- **GOAL OF THE EXERCISE**
From the first line to the last, reproduce the records exactly.

MATERIAL FOR THE TASK: Begin

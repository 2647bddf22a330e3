-- ===== src/Base/Int.antt =====
-- Go's int and time.Duration: 64-bit integers in two's complement.
use Prim.Native.Nat.{ℕ, suc, ◌-◌, ◌*◌, ◌%◌, ◌<◌}
use mathlib.Core.Path.{◌≡◌}
use mathlib.Core.Bool.{Bool, false}
use native.Mathlib.Omega.{arith}
use temenos.Base.Tests.{ltb, ◌==◌, if◌then◌else◌}

-- `negsuc n` is -(n + 1).
pub data ℤ : Type 0 where
  pos : ℕ → ℤ
  negsuc : ℕ → ℤ

-- `n > 0`
abbrev pub is_positive : ℤ → Bool
is_positive (pos n) = ltb 0 n
is_positive (negsuc n) = false

-- `n == 0`
abbrev pub is_zero : ℤ → Bool
is_zero (pos n) = n == 0
is_zero (negsuc n) = false

abbrev word_64 : ℕ
word_64 = 18446744073709551616

abbrev half_64 : ℕ
half_64 = 9223372036854775808

-- The integer that the low 64 bits of a number stand for.
pub signed_64 : ℕ → ℤ
signed_64 n =
    if ltb (n % word_64) half_64 then pos (n % word_64) else negsuc (word_64 - 1 - n % word_64)

-- `time.Duration(n) * unit`: the product wraps at 64 bits.
unfoldable pub scale_64 : ℤ → ℕ → ℤ
unfolding signed_64
scale_64 (pos n) unit = signed_64 (n * unit)
scale_64 (negsuc n) unit = signed_64 (word_64 * unit - suc n * unit % word_64)

-- Below the limit nothing wraps.
pub scale_64-pos : (n unit : ℕ) → n * unit < half_64 → scale_64 (pos n) unit ≡ pos (n * unit)
unfolding scale_64
scale_64-pos n unit h = ground arith
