-- ===== src/Transfer/Client/Names.antt =====
-- What `isSafeEntryName` of internal/transfer/client.go protects: a path joined with a name that
-- passes stays below the directory.
use mathlib.Core.List.{reverse-cons}
use sfync.Base.{ℕ, ◌≡◌, ◌≢◌, refl, Text, codes, List, [], ◌∷◌, ◌++◌, Bool, true, false}
use sfync.Base.{if◌then◌else◌, ◌==◌, nat_eq, text_eq, arith}
use sfync.Base.Paths.{split, clean_elements, keep_element, put_first}
use sfync.Transfer.Client.{has_separator, is_safe_entry_name}

-- A name with no slash is its own only element.
split_of_plain : (c : ℕ) (n : Text) → has_separator (c ∷ n) ≡ false → split (c ∷ n) ≡ (c ∷ n) ∷ []
unfolding has_separator split
split_of_plain c [] h = ground arith
split_of_plain c (d ∷ n) h = ground (arith, split_of_plain d n)

split-put_first :
    (c : ℕ) (es fs : List Text) → es ≢ [] → put_first c (es ++ fs) ≡ put_first c es ++ fs
split-put_first c [] fs h = absurd (h refl)
split-put_first c (e ∷ es) fs h = refl

split-ne-nil : (p : Text) → split p ≢ []
unfolding split
split-ne-nil [] = λ e. cc
split-ne-nil (c ∷ p) = elim (split p) as (λ r. (if c == b'/' then [] ∷ r else put_first c r) ≢ []) [
  | [] ↦ λ e. ground arith
  | f ∷ fs ↦ λ e. ground arith
]

-- The elements of `d/n` are those of `d` and those of `n`.
split-append : (d n : Text) → split (d ++ b'/' ∷ n) ≡ split d ++ split n
unfolding split
split-append [] n = ground arith
split-append (c ∷ d) n =
    rw (split-append d n) (ground (arith, split-put_first c (split d) (split n) (split-ne-nil d)))

-- A name that is an element of its own.
abbrev pub IsPlain : Text → Type 0
IsPlain n = (n ≢ []) × (n ≢ codes ".") × (n ≢ codes "..")

clean_elements-append :
    (rooted : Bool) (n : Text) (kept es : List Text)
    → IsPlain n
    → clean_elements rooted kept (es ++ n ∷ []) ≡ clean_elements rooted kept es ++ n ∷ []
unfolding clean_elements
clean_elements-append rooted n kept [] h = ground (arith, h.0, h.1, h.2, reverse-cons n kept)
clean_elements-append rooted n kept (e ∷ es) h =
    clean_elements-append rooted n (keep_element rooted kept e) es h

safe-IsPlain : (n : Text) → is_safe_entry_name n ≡ true → IsPlain n × (has_separator n ≡ false)
unfolding is_safe_entry_name
safe-IsPlain n h = ((ground arith, ground arith, ground arith), ground arith)

-- A name that passes, put behind any directory, is one more element below what the directory
-- comes to: the elements that `path.Clean` keeps of `dir/name` are those that it keeps of `dir`,
-- and then the name.
pub clean_elements-safe_name :
    (rooted : Bool) (dir name : Text)
    → is_safe_entry_name name ≡ true
    → clean_elements rooted [] (split (dir ++ b'/' ∷ name))
      ≡ clean_elements rooted [] (split dir) ++ name ∷ []
clean_elements-safe_name rooted dir [] h = absurd ((safe-IsPlain [] h).0.0 refl)
clean_elements-safe_name rooted dir (c ∷ n) h =
    let facts = safe-IsPlain (c ∷ n) h in
    rw (split-append dir (c ∷ n), split_of_plain c n facts.1)
      (clean_elements-append rooted (c ∷ n) [] (split dir) facts.0)
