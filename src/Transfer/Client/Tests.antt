-- ===== src/Transfer/Client/Tests.antt =====
-- Runs of internal/transfer/client.go.
use sfync.Base.{◌≡◌, refl, codes, some, [], ◌∷◌, ◌++◌, true, false, nat_eq, text_eq}
use sfync.Base.Paths.{split, clean_elements}
use sfync.Transfer.Client.{
  Error, library, wrapped, translate_error, translate_raw, error_text, clean_message, cause,
  wrap_error, is_not_exist, is_safe_entry_name,
}
use sfync.Transfer.Client.Errors.{wrap_error_keeps}
use sfync.Transfer.Client.Names.{clean_elements-safe_name}

abbrev refusal : Error
refusal = wrapped (codes "dial: ") (
    library (record {
      text = codes "connection refused";
      not_exist = false;
      deadline = false;
      reply = some 550;
    }))

translate_error_test : translate_error (some refusal) ≡ codes "Connection refused"
unfolding translate_error translate_raw error_text clean_message cause nat_eq
translate_error_test = refl

wrap_error_keeps_example :
    let w = wrap_error (codes "upload") (some refusal) in
    (is_not_exist w ≡ is_not_exist (some refusal))
    × (translate_error w ≡ translate_error (some refusal))
    × (wrap_error (codes "mirror") w ≡ w)
wrap_error_keeps_example = wrap_error_keeps (codes "upload") (codes "mirror") refusal

clean_elements-safe_name_example :
    clean_elements true [] (split (codes "/www/./a" ++ b'/' ∷ codes "x.js"))
    ≡ clean_elements true [] (split (codes "/www/./a")) ++ codes "x.js" ∷ []
unfolding is_safe_entry_name nat_eq text_eq
clean_elements-safe_name_example =
    clean_elements-safe_name true (codes "/www/./a") (codes "x.js") refl

unsafe_names :
    (is_safe_entry_name (codes "../x") ≡ false) × (is_safe_entry_name (codes "..") ≡ false)
unfolding is_safe_entry_name nat_eq text_eq
unsafe_names = (refl, refl)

MATERIAL FOR THE TASK: End

- **WRITTEN RESPONSE**
repository 2647bddf22a330e3
-- ===== src/Base/Int.antt =====
-- Go's int and time.Duration: 64-bit integers in two's complement.
use Prim.Native.Nat.{ℕ, suc, ◌-◌, ◌*◌, ◌%◌, ◌<◌}
use mathlib.Core.Path.{◌≡◌}
use mathlib.Core.Bool.{Bool, false}
use native.Mathlib.Omega.{arith}
use temenos.Base.Tests.{ltb, ◌==◌, if◌then◌else◌}

-- `negsuc n` is -(n + 1).
pub data ℤ : Type 0 where
  pos : ℕ → ℤ
  negsuc : ℕ → ℤ

-- `n > 0`
abbrev pub is_positive : ℤ → Bool
is_positive (pos n) = ltb 0 n
is_positive (negsuc n) = false

-- `n == 0`
abbrev pub is_zero : ℤ → Bool
is_zero (pos n) = n == 0
is_zero (negsuc n) = false

abbrev word_64 : ℕ
word_64 = 18446744073709551616

abbrev half_64 : ℕ
half_64 = 9223372036854775808

-- The integer that the low 64 bits of a number stand for.
pub signed_64 : ℕ → ℤ
signed_64 n =
    if ltb (n % word_64) half_64 then pos (n % word_64) else negsuc (word_64 - 1 - n % word_64)

-- `time.Duration(n) * unit`: the product wraps at 64 bits.
unfoldable pub scale_64 : ℤ → ℕ → ℤ
unfolding signed_64
scale_64 (pos n) unit = signed_64 (n * unit)
scale_64 (negsuc n) unit = signed_64 (word_64 * unit - suc n * unit % word_64)

-- Below the limit nothing wraps.
pub scale_64-pos : (n unit : ℕ) → n * unit < half_64 → scale_64 (pos n) unit ≡ pos (n * unit)
unfolding scale_64
scale_64-pos n unit h = ground arith
-- ===== src/Transfer/Client/Names.antt =====
-- What `isSafeEntryName` of internal/transfer/client.go protects: a path joined with a name that
-- passes stays below the directory.
use mathlib.Core.List.{reverse-cons}
use sfync.Base.{ℕ, ◌≡◌, ◌≢◌, refl, Text, codes, List, [], ◌∷◌, ◌++◌, Bool, true, false}
use sfync.Base.{if◌then◌else◌, ◌==◌, nat_eq, text_eq, arith}
use sfync.Base.Paths.{split, clean_elements, keep_element, put_first}
use sfync.Transfer.Client.{has_separator, is_safe_entry_name}

-- A name with no slash is its own only element.
split_of_plain : (c : ℕ) (n : Text) → has_separator (c ∷ n) ≡ false → split (c ∷ n) ≡ (c ∷ n) ∷ []
unfolding has_separator split
split_of_plain c [] h = ground arith
split_of_plain c (d ∷ n) h = ground (arith, split_of_plain d n)

split-put_first :
    (c : ℕ) (es fs : List Text) → es ≢ [] → put_first c (es ++ fs) ≡ put_first c es ++ fs
split-put_first c [] fs h = absurd (h refl)
split-put_first c (e ∷ es) fs h = refl

split-ne-nil : (p : Text) → split p ≢ []
unfolding split
split-ne-nil [] = λ e. cc
split-ne-nil (c ∷ p) = elim (split p) as (λ r. (if c == b'/' then [] ∷ r else put_first c r) ≢ []) [
  | [] ↦ λ e. ground arith
  | f ∷ fs ↦ λ e. ground arith
]

-- The elements of `d/n` are those of `d` and those of `n`.
split-append : (d n : Text) → split (d ++ b'/' ∷ n) ≡ split d ++ split n
unfolding split
split-append [] n = ground arith
split-append (c ∷ d) n =
    rw (split-append d n) (ground (arith, split-put_first c (split d) (split n) (split-ne-nil d)))

-- A name that is an element of its own.
abbrev pub IsPlain : Text → Type 0
IsPlain n = (n ≢ []) × (n ≢ codes ".") × (n ≢ codes "..")

clean_elements-append :
    (rooted : Bool) (n : Text) (kept es : List Text)
    → IsPlain n
    → clean_elements rooted kept (es ++ n ∷ []) ≡ clean_elements rooted kept es ++ n ∷ []
unfolding clean_elements
clean_elements-append rooted n kept [] h = ground (arith, h.0, h.1, h.2, reverse-cons n kept)
clean_elements-append rooted n kept (e ∷ es) h =
    clean_elements-append rooted n (keep_element rooted kept e) es h

safe-IsPlain : (n : Text) → is_safe_entry_name n ≡ true → IsPlain n × (has_separator n ≡ false)
unfolding is_safe_entry_name
safe-IsPlain n h = ((ground arith, ground arith, ground arith), ground arith)

-- A name that passes, put behind any directory, is one more element below what the directory
-- comes to: the elements that `path.Clean` keeps of `dir/name` are those that it keeps of `dir`,
-- and then the name.
pub clean_elements-safe_name :
    (rooted : Bool) (dir name : Text)
    → is_safe_entry_name name ≡ true
    → clean_elements rooted [] (split (dir ++ b'/' ∷ name))
      ≡ clean_elements rooted [] (split dir) ++ name ∷ []
clean_elements-safe_name rooted dir [] h = absurd ((safe-IsPlain [] h).0.0 refl)
clean_elements-safe_name rooted dir (c ∷ n) h =
    let facts = safe-IsPlain (c ∷ n) h in
    rw (split-append dir (c ∷ n), split_of_plain c n facts.1)
      (clean_elements-append rooted (c ∷ n) [] (split dir) facts.0)
filename src/Transfer/Client/Tests.antt
-- ===== src/Transfer/Client/Tests.antt =====
-- Runs of internal/transfer/client.go.
use sfync.Base.{◌≡◌, refl, codes, some, [], ◌∷◌, ◌++◌, true, false, nat_eq, text_eq}
use sfync.Base.Paths.{split, clean_elements}
use sfync.Transfer.Client.{
  Error, library, wrapped, translate_error, translate_raw, error_text, clean_message, cause,
  wrap_error, is_not_exist, is_safe_entry_name,
}
use sfync.Transfer.Client.Errors.{wrap_error_keeps}
use sfync.Transfer.Client.Names.{clean_elements-safe_name}

abbrev refusal : Error
refusal = wrapped (codes "dial: ") (
    library (record {
      text = codes "connection refused";
      not_exist = false;
      deadline = false;
      reply = some 550;
    }))

translate_error_test : translate_error (some refusal) ≡ codes "Connection refused"
unfolding translate_error translate_raw error_text clean_message cause nat_eq
translate_error_test = refl

wrap_error_keeps_example :
    let w = wrap_error (codes "upload") (some refusal) in
    (is_not_exist w ≡ is_not_exist (some refusal))
    × (translate_error w ≡ translate_error (some refusal))
    × (wrap_error (codes "mirror") w ≡ w)
wrap_error_keeps_example = wrap_error_keeps (codes "upload") (codes "mirror") refusal

clean_elements-safe_name_example :
    clean_elements true [] (split (codes "/www/./a" ++ b'/' ∷ codes "x.js"))
    ≡ clean_elements true [] (split (codes "/www/./a")) ++ codes "x.js" ∷ []
unfolding is_safe_entry_name nat_eq text_eq
clean_elements-safe_name_example =
    clean_elements-safe_name true (codes "/www/./a") (codes "x.js") refl

unsafe_names :
    (is_safe_entry_name (codes "../x") ≡ false) × (is_safe_entry_name (codes "..") ≡ false)
unfolding is_safe_entry_name nat_eq text_eq
unsafe_names = (refl, refl)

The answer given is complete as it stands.